Once this is done, you can configure Prometheus Adapter to generate further custom metrics with its configuration values.
Metrics API
As a final point of discussion, I wanted to show how one would manually access metrics from the Metrics API (via the Kubernetes API).
Metrics API
kubectl get --raw "/apis/metrics.k8s.io/v1beta1"
kubectl get --raw "/apis/metrics.k8s.io/v1beta1/nodes"
kubectl get --raw "/apis/metrics.k8s.io/v1beta1/pods"
kubectl get --raw "/apis/metrics.k8s.io/v1beta1/namespaces/ubc/pods" | jq '.'
Custom Metrics API
The following example implies that a custom metric named phpfpm_process_utilization
was created.
kubectl get --raw "/apis/custom.metrics.k8s.io/v1beta1/namespaces/<namespace>/pods/*/phpfpm_process_utilization"
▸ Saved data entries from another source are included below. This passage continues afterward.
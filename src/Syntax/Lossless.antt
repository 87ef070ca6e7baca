-- ===== src/Syntax/Lossless.antt =====
-- `parse` of src/syntax.rs loses no byte: the nodes cover the source.
use bbtidy.Base.{
  ℕ, ◌+◌, ◌≤◌, ◌<◌, ◌≡◌, refl, sym, ap, ◌∙◌, subst, List, [], ◌∷◌, ◌++◌, map, length, take, concat,
  append_assoc, append-nil, drop-cons_lt, take-append-slice, take-all, arith,
}
use bbtidy.Text.{Text, slice, count_byte, count_byte-append}
use bbtidy.Text.Scan.{scan, Kept, scan_inv}
use bbtidy.Syntax.Tree.{SyntaxKind, SyntaxNode, SyntaxTree}
use bbtidy.Syntax.Result.{Failure, Result, ok, err, ◌>>=◌}
use bbtidy.Syntax.Parse.{node_at, Parsing, node_of, after_node, parse_step, parse}
use bbtidy.Syntax.Located.{Located, node_at-Located}
use bbtidy.Syntax.Advance.{Ends, node_at-Ends}

-- The line of the byte at `offset`, from 1.
abbrev pub line_at : Text → ℕ → ℕ
line_at source offset = 1 + count_byte b'\n' (take offset source)

-- The nodes cover the bytes from `a` to `b` one behind the other, none is empty, and each holds
-- the text of its range and has the end and the kind that `node_at` gives at its offset and line.
abbrev pub Covers : Text → ℕ → ℕ → List SyntaxNode → Type 0
Covers source a b [] = a ≡ b
Covers source a b (n ∷ ns) =
    (n.range.start ≡ a)
    × (a < n.range.end)
    × (n.range.end ≤ length source)
    × (n.contents ≡ slice a n.range.end source)
    × (node_at source a (line_at source a) ≡ ok (n.range.end, n.kind))
    × Covers source n.range.end b ns

Covers-append :
    (source : Text) (a b c : ℕ) (kind : SyntaxKind) (ns : List SyntaxNode)
    → Covers source a b ns
    → b < c
    → c ≤ length source
    → node_at source b (line_at source b) ≡ ok (c, kind)
    → Covers source a c (ns ++ node_of source b c kind ∷ [])
Covers-append source a b c kind [] e h l at = (
  sym e,
  omega arith,
  l,
  ap (λ (k : ℕ). slice k c source) (sym e),
  subst (λ (k : ℕ). node_at source k (line_at source k) ≡ ok (c, kind)) (sym e) at,
  refl,
)
Covers-append source a b c kind (n ∷ ns) (e, p, q, t, k, later) h l at =
    (e, p, q, t, k, Covers-append source n.range.end b c kind ns later h l at)

pub texts : List SyntaxNode → Text
texts ns = concat (map (λ (n : SyntaxNode). n.contents) ns)

pub texts-Covers :
    (source : Text) (a b : ℕ) (ns : List SyntaxNode)
    → Covers source a b ns
    → take a source ++ texts ns ≡ take b source
unfolding texts
texts-Covers source a b [] e = append-nil (take a source) ∙ ap (λ (k : ℕ). take k source) e
texts-Covers source a b (n ∷ ns) (e, p, q, t, k, later) =
    ap (λ (s : Text). take a source ++ (s ++ texts ns)) t
    ∙ sym (append_assoc (take a source) (slice a n.range.end source) (texts ns))
    ∙ ap (λ (s : Text). s ++ texts ns) (take-append-slice a n.range.end source (omega arith))
    ∙ texts-Covers source n.range.end b ns later

module _ (source : Text) where
  abbrev Inv : ℕ → Parsing → Type 0
  Inv j p = (j ≤ length source) × Covers source 0 j p.nodes × (p.line_number ≡ line_at source j)

  -- The failure is that of the node at `offset`, and a format error gives the line of that node.
  pub record FailsAt (e : Failure) (offset : ℕ) : Type 0 where
    pub inside : offset < length source
    pub fails : node_at source offset (line_at source offset) ≡ err e
    pub located : Located (line_at source offset) e

  abbrev pub Outcome : Result (List SyntaxNode) → Type 0
  Outcome (ok nodes) = Covers source 0 (length source) nodes
  Outcome (err e) = (offset : ℕ) × FailsAt e offset

  after_node-Kept :
      (i : ℕ) (p : Parsing) (r : Result (ℕ × SyntaxKind))
      → i < length source
      → Inv i p
      → node_at source i p.line_number ≡ r
      → Ends source i r
      → Kept Inv Outcome i (after_node source i p r)
  unfolding after_node
  after_node-Kept i p (err e) h (l, c, n) eq w =
      let at = subst (λ (k : ℕ). node_at source i k ≡ err e) n eq in
      (
        i,
        record {
          inside = h;
          fails = at;
          located = node_at-Located (line_at source i) source i e at;
        },
      )
  after_node-Kept i p (ok (end, kind)) h (l, c, n) eq (after, within) =
      subst
        (λ (k : ℕ). Inv k (record {
          nodes = p.nodes ++ node_of source i end kind ∷ [];
          line_number = p.line_number + count_byte b'\n' (slice i end source);
        }))
        {x = end} (omega arith)
        (
          within,
          Covers-append source 0 i end kind p.nodes c after within
              (subst (λ (k : ℕ). node_at source i k ≡ ok (end, kind)) n eq),
          omega (
            arith,
            n,
            count_byte-append b'\n' (take i source) (slice i end source),
            ap (count_byte b'\n') (take-append-slice i end source (omega arith)),
          ),
        )

  nodes_of : Result (List SyntaxNode)
  unfolding parse_step
  nodes_of =
      scan (parse_step source) (λ p. ok p.nodes) 0 0 (record { nodes = []; line_number = 1 }) source

  nodes_of-Outcome : Outcome nodes_of
  unfolding nodes_of
  nodes_of-Outcome =
      scan_inv Inv Outcome (parse_step source) (λ p. ok p.nodes) source
        (λ i c cs p e inv.
          let h = (drop-cons_lt i source e).0 in
          after_node-Kept i p _ h inv refl (node_at-Ends source i p.line_number h))
        (λ j p l inv. subst (λ (k : ℕ). Covers source 0 k p.nodes) (omega arith) inv.1) 0 0 _ source
        refl (omega arith, refl, (unfold count_byte in omega arith))

  -- What is true of a result of `parse`.
  abbrev TreeOutcome : Result SyntaxTree → Type 0
  TreeOutcome (ok t) =
      (t.source ≡ source) × (texts t.nodes ≡ source) × Covers source 0 (length source) t.nodes
  TreeOutcome (err e) = (offset : ℕ) × FailsAt e offset

  tree-TreeOutcome :
      (r : Result (List SyntaxNode))
      → Outcome r
      → TreeOutcome (r >>= λ nodes. ok (record { source = source; nodes = nodes }))
  tree-TreeOutcome (ok nodes) c = (
    refl,
    texts-Covers source 0 (length source) nodes c ∙ take-all (length source) source (omega arith),
    c,
  )
  tree-TreeOutcome (err e) f = f

  parse-TreeOutcome : TreeOutcome (parse source)
  unfolding parse nodes_of
  parse-TreeOutcome = tree-TreeOutcome nodes_of nodes_of-Outcome

-- The texts of the nodes of a parsed source, put one behind the other, are the source; the nodes
-- cover it in order, with no gap and no overlap, none is empty, each holds the bytes of its
-- range, and has the end and the kind that `node_at` gives at its offset and line.
pub parse_lossless :
    (source : Text) (t : SyntaxTree)
    → parse source ≡ ok t
    → (t.source ≡ source) × (texts t.nodes ≡ source) × Covers source 0 (length source) t.nodes
parse_lossless source t e = subst (TreeOutcome source) e (parse-TreeOutcome source)

-- A failure of the parser is that of the node at some offset within the source, read at its line,
-- and a format error gives that line: one more than the line feeds before the offset. A panic gives
-- no line.
pub parse-FailsAt :
    (source : Text) (e : Failure) → parse source ≡ err e → (offset : ℕ) × FailsAt source e offset
parse-FailsAt source e h = subst (TreeOutcome source) h (parse-TreeOutcome source)
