-- ===== src/Formatter/Verbatim.antt =====
-- What src/formatter.rs writes for the nodes of a source.
use bbtidy.Base.{
  ◌≡◌, refl, sym, subst, ap, ◌∙◌, true, false, ◌||◌, List, [], ◌∷◌, ◌++◌, append-nil, append_assoc,
  is_empty, leb, Bool-cases, inl, inr,
}
use bbtidy.Text.{Text}
use bbtidy.Scanner.Lines.{split_line_ending}
use bbtidy.Syntax.Tree.{
  SyntaxKind, blank, comment, unknown, assignment, directive, function, python_definition,
  AssignmentSyntax, DirectiveSyntax, FunctionSyntax, PythonDefinitionSyntax, SyntaxNode, SyntaxTree,
}
use bbtidy.Syntax.Result.{ok}
use bbtidy.Syntax.Parse.{parse}
use bbtidy.Syntax.Lossless.{texts, parse_lossless}
use bbtidy.Formatter.Options.{FormatOptions}
use bbtidy.Formatter.Output.{
  is_format_safe_assignment, format_assignment, format_directive, append_normalized_blank_line,
  trailing_blank_lines, node_text, format_node, format_nodes, format_syntax_with_options,
  format_with_options,
}

-- Nodes that the formatter does not touch.
pub data IsUntouched : SyntaxKind → Type 0 where
  a_comment : IsUntouched comment
  an_unknown : IsUntouched unknown
  a_function : (f : FunctionSyntax) → IsUntouched (function f)
  a_python_definition : (d : PythonDefinitionSyntax) → IsUntouched (python_definition d)
  an_unsafe_assignment :
      (a : AssignmentSyntax) → is_format_safe_assignment a ≡ false → IsUntouched (assignment a)

-- The text is what is written for the nodes, one behind the other: an untouched node as it stands,
-- a blank line as its ending or not at all, a safe assignment and a directive in their layout.
pub data Written (options : FormatOptions) : List SyntaxNode → Text → Type 0 where
  nothing : Written options [] []
  untouched :
      {ns : List SyntaxNode} {out : Text} (n : SyntaxNode)
      → IsUntouched n.kind
      → Written options ns out
      → Written options (n ∷ ns) (n.contents ++ out)
  blank_dropped :
      {ns : List SyntaxNode} {out : Text} (n : SyntaxNode)
      → n.kind ≡ blank
      → Written options ns out
      → Written options (n ∷ ns) out
  blank_kept :
      {ns : List SyntaxNode} {out : Text} (n : SyntaxNode)
      → n.kind ≡ blank
      → Written options ns out
      → Written options (n ∷ ns) ((split_line_ending n.contents).1 ++ out)
  assigned :
      {ns : List SyntaxNode} {out : Text} (n : SyntaxNode) (a : AssignmentSyntax)
      → n.kind ≡ assignment a
      → is_format_safe_assignment a ≡ true
      → Written options ns out
      → Written options (n ∷ ns) (format_assignment n a options ++ out)
  directed :
      {ns : List SyntaxNode} {out : Text} (n : SyntaxNode) (d : DirectiveSyntax)
      → n.kind ≡ directive d
      → Written options ns out
      → Written options (n ∷ ns) (format_directive n d options ++ out)

module _ (options : FormatOptions) where
  -- A piece that is written for the node `n` behind `output`.
  record Piece (output : Text) (n : SyntaxNode) (kind : SyntaxKind) : Type 0 where
    piece : Text
    appended : format_node options output n kind ≡ output ++ piece
    fits :
        {ns : List SyntaxNode} {out : Text}
        → Written options ns out
        → Written options (n ∷ ns) (piece ++ out)

  blank-Piece : (output : Text) (n : SyntaxNode) → n.kind ≡ blank → Piece output n blank
  unfolding format_node append_normalized_blank_line
  blank-Piece output n e =
      elim (Bool-cases (
        is_empty (split_line_ending n.contents).1
        || leb options.max_top_level_blank_lines (trailing_blank_lines output))) [
          | inl f ↦ record {
            piece = [];
            appended = rw f (sym (append-nil output));
            fits = λ w. blank_dropped n e w;
          }
          | inr f ↦ record {
            piece = (split_line_ending n.contents).1;
            appended = rw f refl;
            fits = λ w. blank_kept n e w;
          }
        ]

  untouched-Piece :
      (output : Text) (n : SyntaxNode) (kind : SyntaxKind)
      → format_node options output n kind ≡ output ++ n.contents
      → n.kind ≡ kind
      → IsUntouched kind
      → Piece output n kind
  untouched-Piece output n kind same e u = record {
    piece = n.contents;
    appended = same;
    fits = λ w. untouched n (subst IsUntouched (sym e) u) w;
  }

  assignment-Piece :
      (output : Text) (n : SyntaxNode) (a : AssignmentSyntax)
      → n.kind ≡ assignment a
      → Piece output n (assignment a)
  unfolding format_node node_text
  assignment-Piece output n a e = elim (Bool-cases (is_format_safe_assignment a)) [
    | inl safe ↦ record {
      piece = format_assignment n a options;
      appended = rw safe refl;
      fits = λ w. assigned n a e safe w;
    }
    | inr unsafe ↦
        untouched-Piece output n (assignment a) (rw unsafe refl) e (an_unsafe_assignment a unsafe)
  ]

  format_node-Piece :
      (output : Text) (n : SyntaxNode) (kind : SyntaxKind) → n.kind ≡ kind → Piece output n kind
  unfolding format_node node_text
  format_node-Piece output n blank e = blank-Piece output n e
  format_node-Piece output n comment e = untouched-Piece output n comment refl e a_comment
  format_node-Piece output n unknown e = untouched-Piece output n unknown refl e an_unknown
  format_node-Piece output n (assignment a) e = assignment-Piece output n a e
  format_node-Piece output n (directive d) e = record {
    piece = format_directive n d options;
    appended = refl;
    fits = λ w. directed n d e w;
  }
  format_node-Piece output n (function f) e =
      untouched-Piece output n (function f) refl e (a_function f)
  format_node-Piece output n (python_definition d) e =
      untouched-Piece output n (python_definition d) refl e (a_python_definition d)

  format_nodes-Written :
      (output : Text) (ns : List SyntaxNode)
      → (out : Text) × (format_nodes options output ns ≡ output ++ out) × Written options ns out
  unfolding format_nodes
  format_nodes-Written output [] = ([], sym (append-nil output), nothing)
  format_nodes-Written output (n ∷ ns) =
      let p = format_node-Piece output n n.kind refl in
      let (out, e, w) = format_nodes-Written (format_node options output n n.kind) ns in
      (
        p.piece ++ out,
        e ∙ ap (λ (t : Text). t ++ out) p.appended ∙ append_assoc output p.piece out,
        p.fits w,
      )

-- The output of the formatter is written for the nodes of the source in their order, and these put
-- together are the source; comments, unknown lines, functions, Python definitions and assignments
-- that are not safe to format stand in the output byte for byte.
pub format_with_options-Written :
    (source : Text) (options : FormatOptions) (t : SyntaxTree)
    → parse source ≡ ok t
    → (out : Text) × (format_with_options source options ≡ ok out)
      × Written options t.nodes out
      × (texts t.nodes ≡ source)
unfolding format_with_options format_syntax_with_options
format_with_options-Written source options t e =
    let (out, same, w) = format_nodes-Written options [] t.nodes in
    (out, rw e (ap ok same), w, (parse_lossless source t e).1)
If you want to see a full list of all custom metrics, you can use this:
kubectl get --raw "/apis/custom.metrics.k8s.io/v1beta1" | jq '. | {metrics: .resources[].name}'
Note: If you run kubectl api-resources | grep metrics
, you will expect to see NodeMetrics and PodMetrics for metrics.k8s.io
, but nothing for custom.metrics.k8s.io
or external.metrics.k8s.io
. The reason for this is that these are not Kubernetes resources themselves, but rather they are API groups that expose custom metrics data.
Conclusion
Kubernetes is an amazing system for the management and networking of application infrastructure. This organization allows it the ability to expose crucial metrics to ensure system stability. I would definitely recommend installing the Kube Prometheus Stack chart together with the Prometheus Adapter chart to take advantage of what this package can offer.